Typically the number of purchasers is high at low prices and decreases as the
price goes up.

The value of the market is the area under the curve - so the exact shape of
the curve matters a lot.

The shape of a demand curve can be odd. If you look at the graph the third
demand curve has a 'hump' in it. This is characteristic of products like
'jeans' where a lot of people buy cheap jeans, but a significant number will
only buy 'designer' and won't purchase at lower prices.

Basically all demand curves are very similar at the low-price end. People will
take home stuff from hotels that they would never purchase, pens, notepads,
rubbish wee shampoo bottles...

If you are doing a startup it is important to look up the demand curve and try
and figure out what someone will actually pay for.

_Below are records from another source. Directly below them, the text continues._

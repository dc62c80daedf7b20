-- ===== src/Validator/Keygen/Sharing.antt =====
-- crates/validator/src/state/keygen.rs: the round of secret shares.
use shield_net.Prelude.{
  ℕ, not, Option, none, some, List, [], ◌∷◌, ◌++◌, ◌==◌, if◌then◌else◌, Map, insert, length,
  saturating_add, saturating_mul, as_u16,
}
use shield_net.Validator.Epoch.{EpochId}
use shield_net.Validator.Types.{
  Opaque, Group, KeyGenParticipation, KeyGenConfirmation, Complaint, ConfirmationDeadlines,
  RolloverState, State, Action, Command, action, Transition, KeyGenSecretShared,
}
use shield_net.Validator.Keygen.Ceremony.{confirm_key_gen, commitments_of, fail_rollover}
use shield_net.Validator.Keygen.Collecting.{fresh_deadline}

-- What a verified or rejected encrypted share does: the shares and the complaint.
unfoldable pub receive_share :
    Transition
    → ℕ
    → Group
    → KeyGenParticipation
    → Option ℕ
    → ℕ
    → Map Opaque
    → Option (Opaque × Opaque)
    → Map Opaque × List Command
receive_share t block group (KeyGenParticipation.participating sharing_state) deadline participant
      shares (some (public_key, encrypted)) =
    elim (t.frost.verify_encrypted_secret_share sharing_state participant encrypted) [
      | some share ↦ (insert shares participant share, [])
      | none ↦ (
        shares,
        action (Action.key_gen_complain group.id participant (fresh_deadline t block deadline))
            ∷ [],
      )
    ]
receive_share t block group _ deadline participant shares _ = (shares, [])

abbrev pub insert_public_key : Map Opaque → ℕ → Option (Opaque × Opaque) → Map Opaque
insert_public_key m participant none = m
insert_public_key m participant (some (public_key, encrypted)) = insert m participant public_key

unfoldable pub confirmation_deadlines : Transition → ℕ → Option ℕ → Option ConfirmationDeadlines
unfolding saturating_mul
confirmation_deadlines t block none = none
confirmation_deadlines t block (some _) = some (record {
  complain = saturating_add block t.key_gen_timeout;
  response = saturating_add block (saturating_mul t.key_gen_timeout 2);
  confirm = saturating_add block (saturating_mul t.key_gen_timeout 3);
})

-- The confirmation round, with the status of this validator and the commands that confirm it.
unfoldable pub confirmation_round :
    Transition
    → State
    → EpochId
    → Group
    → KeyGenParticipation
    → Map Complaint
    → Option ConfirmationDeadlines
    → List Command
    → Option (KeyGenConfirmation × List Command)
    → State × List Command
confirmation_round t s epoch group participation complaints deadlines commands none =
    fail_rollover s epoch
confirmation_round t s epoch group participation complaints deadlines commands
      (some (status, more)) =
    (
      record s {
        rollover =
            RolloverState.collecting_confirmations epoch group participation status [] complaints
              deadlines;
      },
      commands ++ more,
    )

-- The status in which a validator enters the confirmation round.
unfoldable pub first_status :
    Transition
    → EpochId
    → Group
    → KeyGenParticipation
    → Map Opaque
    → Option ConfirmationDeadlines
    → Option (KeyGenConfirmation × List Command)
unfolding confirm_key_gen
first_status t epoch group (KeyGenParticipation.participating sharing_state) shares deadlines =
    if as_u16 (length shares) == group.count
    then confirm_key_gen t epoch group sharing_state shares deadlines
    else some (KeyGenConfirmation.collecting shares, [])
first_status t epoch group (KeyGenParticipation.observing group_commitments) shares deadlines =
    some (KeyGenConfirmation.observing, [])

unfoldable pub secret_shared_in :
    Transition → State → ℕ → KeyGenSecretShared → RolloverState → State × List Command
unfolding receive_share confirmation_deadlines confirmation_round first_status
secret_shared_in t s block event
      (RolloverState.collecting_shares epoch group participation public_keys shares complaints
        deadline) =
    let verified =
      t.frost.verify_secret_share (commitments_of t participation) event.participant event.share in
    let public_keys' = insert_public_key public_keys event.participant verified in
    let (shares', commands) =
      receive_share t block group participation deadline event.participant shares verified in
    let deadlines = confirmation_deadlines t block deadline in
    if group.id == event.gid
    then (if not (as_u16 (length public_keys') == group.count)
        then (
          record s {
            rollover =
                RolloverState.collecting_shares epoch group participation public_keys' shares'
                  complaints deadline;
          },
          commands,
        )
        else confirmation_round t s epoch group participation complaints deadlines commands
            (first_status t epoch group participation shares' deadlines))
    else (s, [])
secret_shared_in t s block event _ = (s, [])

unfoldable pub handle_key_gen_secret_shared :
    Transition → State → ℕ → KeyGenSecretShared → State × List Command
unfolding secret_shared_in
handle_key_gen_secret_shared t s block event = secret_shared_in t s block event s.rollover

In addition you have to shape the demand curve. The demand curve for designer
jeans doesn't have some sort of 'geographical' hump in it - the people who
make designer jeans made that hump by a variety of cultural and other means.
In order to start shaping the demand curve (and shaping your product to
possible demand curves) you need to be trying (and failing) to sell up the
demand curve in the interesting bit...

There is a big confusion about prices out there. People say 'oh, Twitter is
free' when what they mean is 'the users are the product, Twitter's customers
are other companies who want to buy data...' People also talk about Freemium
as a price when in fact it is a marketing cost (if I give free stuff worth $10
to 9 people, the 10th will buy for $100 leaving me $10 clear).

The takeaway is: go and ask an outrageous amount for your half-baked, crappy
prototype. The reasons people will give you for not purchasing are all vital
info.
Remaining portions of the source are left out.